2. ULMWP telah diakomodir ke dalam MSG melalui KTT-MSG 20 dengan status Observer, pada tanggal, 26 Juni 2015, merupakan wujud pengakuan Negara-negara Melanesia terhadap perjuangan kemerdekaan bangsa Papua Barat.
3. Status observer Indonesia yang
diperjuangkan untuk menjadi anggota blok MSG pada KTT-MSG 20 2015 di Kepulauan
Solomon, dalam lobi intensif Delegasi Indonesia yang mengikutkan perwakilan
dari 5 Provinsi bercorak budaya Melanesia Indonesia, (Maluku Utara, Maluku,
Nusa Tenggara Timur, Papua, Papua Barat) tidak berhasil meyakinkan para pemimpin
MSG menerima Indonesis menjadi anggota blok MSG, namun diakomodir menjadi
anggota asosiasi (rekan), yang sebatas hubungan ekonomi, non politik, sosial
dan budaya.
.
4. KTT-MSG 21, 2018 di PNG, terjadi intervensi Indonesia yang berdampak pada penundaan pengajuan peningkatan status ULMWP dari observer menjadi anggota blok MSG (full member).
5. Isu sensitif kejahatan kemanusiaan di Papua Barat yang tidak diakomodir pada KTT 21, 2018 di PNG,.menjadi isu yang berkembang diluar kontrol Indonesia, setahun kemudian masuk dalam agenda KTT-PIF 50, 2019 di Tuvalu, lewat delegasi Vanuatu di dukung NGO dan masyarakat sipil Pasfik, berhasil melobi dan medorong isu kejahatan kemanusiaan di Papua Barat menjadi item berdiri sendiri didalam komunike bersama para pemimpin Pasifik dan diajukan dalam KTT-OACP 2019 di Nairobi Kenya pada tanggal, 9-10 Desember 2019, dan disambut oleh semua pemimpin negara dan kepala pemerintahan menjadi resolusi.OACP 2019 Nairobi, tentang situasi HAM di Papua Barat dan mencari jalan penyelesaiannya..
6. Menindak lanjuti Resolusi OACP 2019, Dewan Menteri OACPS, pada Sidang ke- 111 yang diadakan secara virtual pada 14, 15 dan 17 Desember 2020, di bawah kepresidenan HE. Prof.
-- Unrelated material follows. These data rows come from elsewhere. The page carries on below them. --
-- ===== src/Switchyard/Session/Economics.antt =====
-- The statistics of a session.
use nexus_ai_gateway.Prelude.{
  ℕ, ◌+◌, ◌*◌, ◌≤◌, String, ◌≡◌, refl, subst, Option, none, some, List, [], ◌∷◌, ◌==◌, arith,
  lookup, insert, All, Bool-cases, Option-cases, inl, inr,
}
use nexus_ai_gateway.Switchyard.Session.{
  ModelPricing, priced, model_pricing_table, get_pricing, estimate_cost, estimate_baseline_cost,
  SessionStats, new_session_stats, count_call, record_call, add_files_changed,
}

-- No price is above the baseline's.
abbrev IsWithin : ModelPricing → Type 0
IsWithin p = (p.input ≤ 3000) × (p.output ≤ 15000)

lookup-All :
    {A : Type 0} (P : A → Type 0) (name : String) (entries : List (String × A)) (a : A)
    → All (λ e. P e.1) entries
    → lookup name entries ≡ some a
    → P a
unfolding lookup
lookup-All P name [] a _ h = cc h
lookup-All P name ((here, b) ∷ entries) a (p, ps) h = elim (Bool-cases (here == name)) [
  | inl e ↦ let h' : some b ≡ some a = rw e at h in subst P (some-inj h') p
  | inr e ↦ let h' : lookup name entries ≡ some a = rw e at h in lookup-All P name entries a ps h'
]
  where
    some-inj : {A : Type 0} {a b : A} → some a ≡ some b → a ≡ b
    some-inj h = cc

table-IsWithin : All (λ e. IsWithin e.1) model_pricing_table
unfolding model_pricing_table priced
table-IsWithin = ground arith

get_pricing-IsWithin : (alias : String) → IsWithin (get_pricing alias)
unfolding get_pricing priced
get_pricing-IsWithin alias = elim (Option-cases (lookup alias model_pricing_table)) [
  | inr (p, h) ↦
      rw (get_pricing, h) (lookup-All IsWithin alias model_pricing_table p table-IsWithin h)
  | inl n ↦ rw (get_pricing, n) (ground arith)
]

estimate_cost-le :
    (alias : String) (input output : ℕ)
    → estimate_cost alias input output ≤ estimate_baseline_cost input output
unfolding estimate_cost estimate_baseline_cost
estimate_cost-le alias input output = let (i, o) = get_pricing-IsWithin alias in grind (arith, i, o)

abbrev pub sum_calls : List (String × ℕ) → ℕ
sum_calls [] = 0
sum_calls (e ∷ es) = e.1 + sum_calls es

counted : Option ℕ → ℕ
counted none = 0
counted (some n) = n

insert-sum :
    (name : String) (n : ℕ) (calls : List (String × ℕ))
    → sum_calls (insert name n calls) + counted (lookup name calls) ≡ sum_calls calls + n
unfolding lookup insert counted
insert-sum name n [] = omega arith
insert-sum name n ((here, m) ∷ calls) = elim (Bool-cases (here == name)) [
  | inl e ↦ rw e (omega arith)
  | inr e ↦ rw e (omega (arith, insert-sum name n calls))
]

count_call-sum :
    (name : String) (calls : List (String × ℕ))
    → sum_calls (count_call name calls) ≡ sum_calls calls + 1
unfolding count_call counted
count_call-sum name calls = elim (Option-cases (lookup name calls)) [
  | inl e ↦
      let h : sum_calls (insert name 1 calls) + 0 ≡ sum_calls calls + 1 =
        rw e at (insert-sum name 1 calls) in
      rw (count_call, e) (omega (arith, h))
  | inr (n, e) ↦
      let h : sum_calls (insert name (n + 1) calls) + n ≡ sum_calls calls + (n + 1) =
        rw e at (insert-sum name (n + 1) calls) in
      rw (count_call, e) (omega (arith, h))
]

-- What can happen to the statistics.
pub data Step : SessionStats → SessionStats → Type 0 where
  recorded :
      (model : String) (input output : ℕ) (s : SessionStats)
      → Step s (record_call model input output s)
  changed : (count : ℕ) (s : SessionStats) → Step s (add_files_changed count s)

pub data Reach : SessionStats → Type 0 where
  start : Reach new_session_stats
  next : {s t : SessionStats} → Reach s → Step s t → Reach t

pub record IsSound (s : SessionStats) : Type 0 where
  pub calls : sum_calls s.model_calls ≡ s.requests
  pub spend : s.total_cost ≤ s.baseline_cost
  pub baseline : s.baseline_cost ≡ estimate_baseline_cost s.input_tokens s.output_tokens

Step-IsSound : {s t : SessionStats} → Step s t → IsSound s → IsSound t
unfolding record_call add_files_changed estimate_baseline_cost
Step-IsSound (recorded model input output s) k = record {
  calls = omega (arith, count_call-sum model s.model_calls, k.calls);
  spend =
      let le : estimate_cost model input output ≤ input * 3000 + output * 15000 =
        estimate_cost-le model input output in
      omega (arith, le, k.spend);
  baseline = omega (arith, k.baseline);
}
Step-IsSound (changed count s) k = record {
  calls = k.calls;
  spend = k.spend;
  baseline = k.baseline;
}

-- However calls and changed files are recorded: the calls of the models add up to the requests, the
-- baseline is that of all tokens, and the spend is never above it, so that the savings that the report
-- shows are never negative.
pub Reach-IsSound : {s : SessionStats} → Reach s → IsSound s
unfolding new_session_stats estimate_baseline_cost
Reach-IsSound start = record { calls = refl; spend = omega arith; baseline = refl }
Reach-IsSound (next r st) = Step-IsSound st (Reach-IsSound r)
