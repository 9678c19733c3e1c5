-- ===== src/Switchyard/Calls.antt =====
-- cmd/switchyard/main.go: credentials, and `sendChatConversation`. A budget is in thousand-millionths of a
-- dollar, 0 where the source's is not positive; the amounts are left out of the text of an error.
pub mod Headers
use nexus_ai_gateway.Prelude.{
  ℕ, ◌+◌, ◌/◌, String, ◌^◌, len, Bool, true, ◌&&◌, not, Option, none, some, List, [], ◌∷◌, ◌++◌,
  ◌==◌, eqb, ltb, if◌then◌else◌, lookup, trim_end, decimal,
}
use nexus_ai_gateway.Config.{Env, getenv}
use nexus_ai_gateway.Domain.Errors.{Err, plain, wrapped, Result, ok, err}
use nexus_ai_gateway.Switchyard.Safety.{
  ExecutionPolicy, explain, plan, approve, safe_auto, autopilot,
}
use nexus_ai_gateway.Switchyard.Session.{estimate_cost}

pub record Credentials : Type 0 where
  pub api_key : String
  pub project_id : String
  pub base_url : String
  pub provider_keys : List (String × String)

-- `loadCredentials`, from what reading and decoding the file gives, and the older file. `none` is a file
-- that cannot be read.
unfoldable pub load_credentials :
    Option (Result Credentials) → Option (Result Credentials) → Option Credentials
load_credentials (some (ok creds)) legacy = some creds
load_credentials (some (err _)) legacy = none
load_credentials none (some (ok creds)) = some creds
load_credentials none _ = none

unfoldable pub policy_text : ExecutionPolicy → String
policy_text explain = "explain"
policy_text plan = "plan"
policy_text approve = "approve"
policy_text safe_auto = "safe-auto"
policy_text autopilot = "autopilot"

pub record ChatMessage : Type 0 where
  pub role : String
  pub content : String

unfoldable pub total_chars : List ChatMessage → ℕ
total_chars [] = 0
total_chars (m ∷ ms) = len m.content + total_chars ms

-- The tokens that the budget is tested with before the call.
unfoldable pub estimated_tokens : List ChatMessage → ℕ
estimated_tokens history = let n = total_chars history / 4 in if ltb n 50 then 50 else n

-- The key of a provider: that of the credentials, or else that of the environment, unless empty.
unfoldable pub forwarded_key : String → String → Option String
forwarded_key stored plain_env =
    if not (stored == "")
    then some stored
    else if not (plain_env == "")
    then some plain_env
    else none

unfoldable pub stored_key : Option Credentials → String → String
stored_key none name = ""
stored_key (some creds) name = elim (lookup name creds.provider_keys) [ none ↦ "" | some k ↦ k ]

unfoldable pub key_header :
    Option Credentials → Env → String → String → String → List (String × String)
key_header creds env header name variable =
    elim (forwarded_key (stored_key creds name) (getenv env variable)) [
      | none ↦ []
      | some k ↦ (header, k) ∷ []
    ]

pub record ChatCall : Type 0 where
  pub url : String
  pub headers : List (String × String)
  pub model : String
  pub messages : List ChatMessage

unfoldable pub chat_headers :
    Option Credentials → Env → String → Bool → ExecutionPolicy → List (String × String)
chat_headers creds env api_key caveman policy =
    (("Content-Type", "application/json")
      ∷ ("Authorization", "Bearer " ^ api_key)
      ∷ ("X-Switchyard-Policy", policy_text policy)
      ∷ (if caveman then ("X-Nexus-Caveman", "true") ∷ [] else []))
    ++ (key_header creds env "X-Gemini-Api-Key" "gemini" "GEMINI_API_KEY"
        ++ (key_header creds env "X-OpenAI-Api-Key" "openai" "OPENAI_API_KEY"
            ++ (key_header creds env "X-Anthropic-Api-Key" "anthropic" "ANTHROPIC_API_KEY"
                ++ key_header creds env "X-Deepseek-Api-Key" "deepseek" "DEEPSEEK_API_KEY")))

-- The decoded answer of the gateway, without what is only printed.
pub record ChatReply : Type 0 where
  pub contents : List String
  pub model : String
  pub prompt_tokens : ℕ
  pub completion_tokens : ℕ

-- What comes of a call: it is not answered, its body is not read, or it is answered with a status, a
-- body, the message of the body's error, empty if there is none, and what decoding the body gives.
pub data Exchange : Type 0 where
  unanswered : Err → Exchange
  unread : Err → Exchange
  replied : ℕ → String → String → Result ChatReply → Exchange

pub record ChatResult : Type 0 where
  pub content : String
  pub model_used : String
  pub input_tokens : ℕ
  pub output_tokens : ℕ
  pub cost : ℕ

unfoldable pub first_choice : ChatReply → List String → Result ChatResult
first_choice r [] = err (plain "no response choices returned from gateway")
first_choice r (content ∷ _) = ok (record {
  content = content;
  model_used = r.model;
  input_tokens = r.prompt_tokens;
  output_tokens = r.completion_tokens;
  cost = estimate_cost r.model r.prompt_tokens r.completion_tokens;
})

unfoldable pub read_exchange : String → Exchange → Result ChatResult
read_exchange base_url (unanswered e) =
    err (wrapped ("connection failed to Switchyard Gateway (" ^ (base_url ^ ")")) e)
read_exchange base_url (unread e) = err e
read_exchange base_url (replied status body message decoded) =
    if not (eqb status 200)
    then err
        (plain ("status " ^ (decimal status ^ (": " ^ (if message == "" then body else message)))))
    else elim decoded [
      | err e ↦ err (wrapped "failed parsing gateway response" e)
      | ok r ↦ first_choice r r.contents
    ]

unfoldable pub is_over : ℕ → ℕ → Bool
is_over budget cost = ltb 0 budget && ltb budget cost

-- `sendChatConversation`: the result, and the call that is made, if one is. The URL and the JSON of the
-- call are taken to be well-formed.
unfoldable pub send_chat_conversation :
    (ChatCall → Exchange)
    → Option Credentials
    → Env
    → String
    → String
    → String
    → List ChatMessage
    → Bool
    → ExecutionPolicy
    → ℕ
    → Result ChatResult × Option ChatCall
send_chat_conversation transport creds env base_url api_key preset history caveman policy budget =
    let call : ChatCall = record {
      url = trim_end b'/' base_url ^ "/v1/chat/completions";
      headers = chat_headers creds env api_key caveman policy;
      model = preset;
      messages = history;
    } in
    if is_over budget (estimate_cost preset (estimated_tokens history) 400)
    then (err (plain "BUDGET EXCEEDED"), none)
    else (read_exchange base_url (transport call), some call)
Palamagamba John Ai dan HE. Mwaluko Kabudi, Menteri Luar Negeri dan Kerjasama Afrika Timur, Republik Bersatu Tanzania , mengadopsi Keputusan Nomor. 9, “Keputusan tentang situasi Hak Asasi Manusia di Papua Barat”, yang mengacu pada Resolusi Nomor. 3, Sidang ke- 110 Dewan Menteri di Nairobi, Kenya pada 7 Desember 2019.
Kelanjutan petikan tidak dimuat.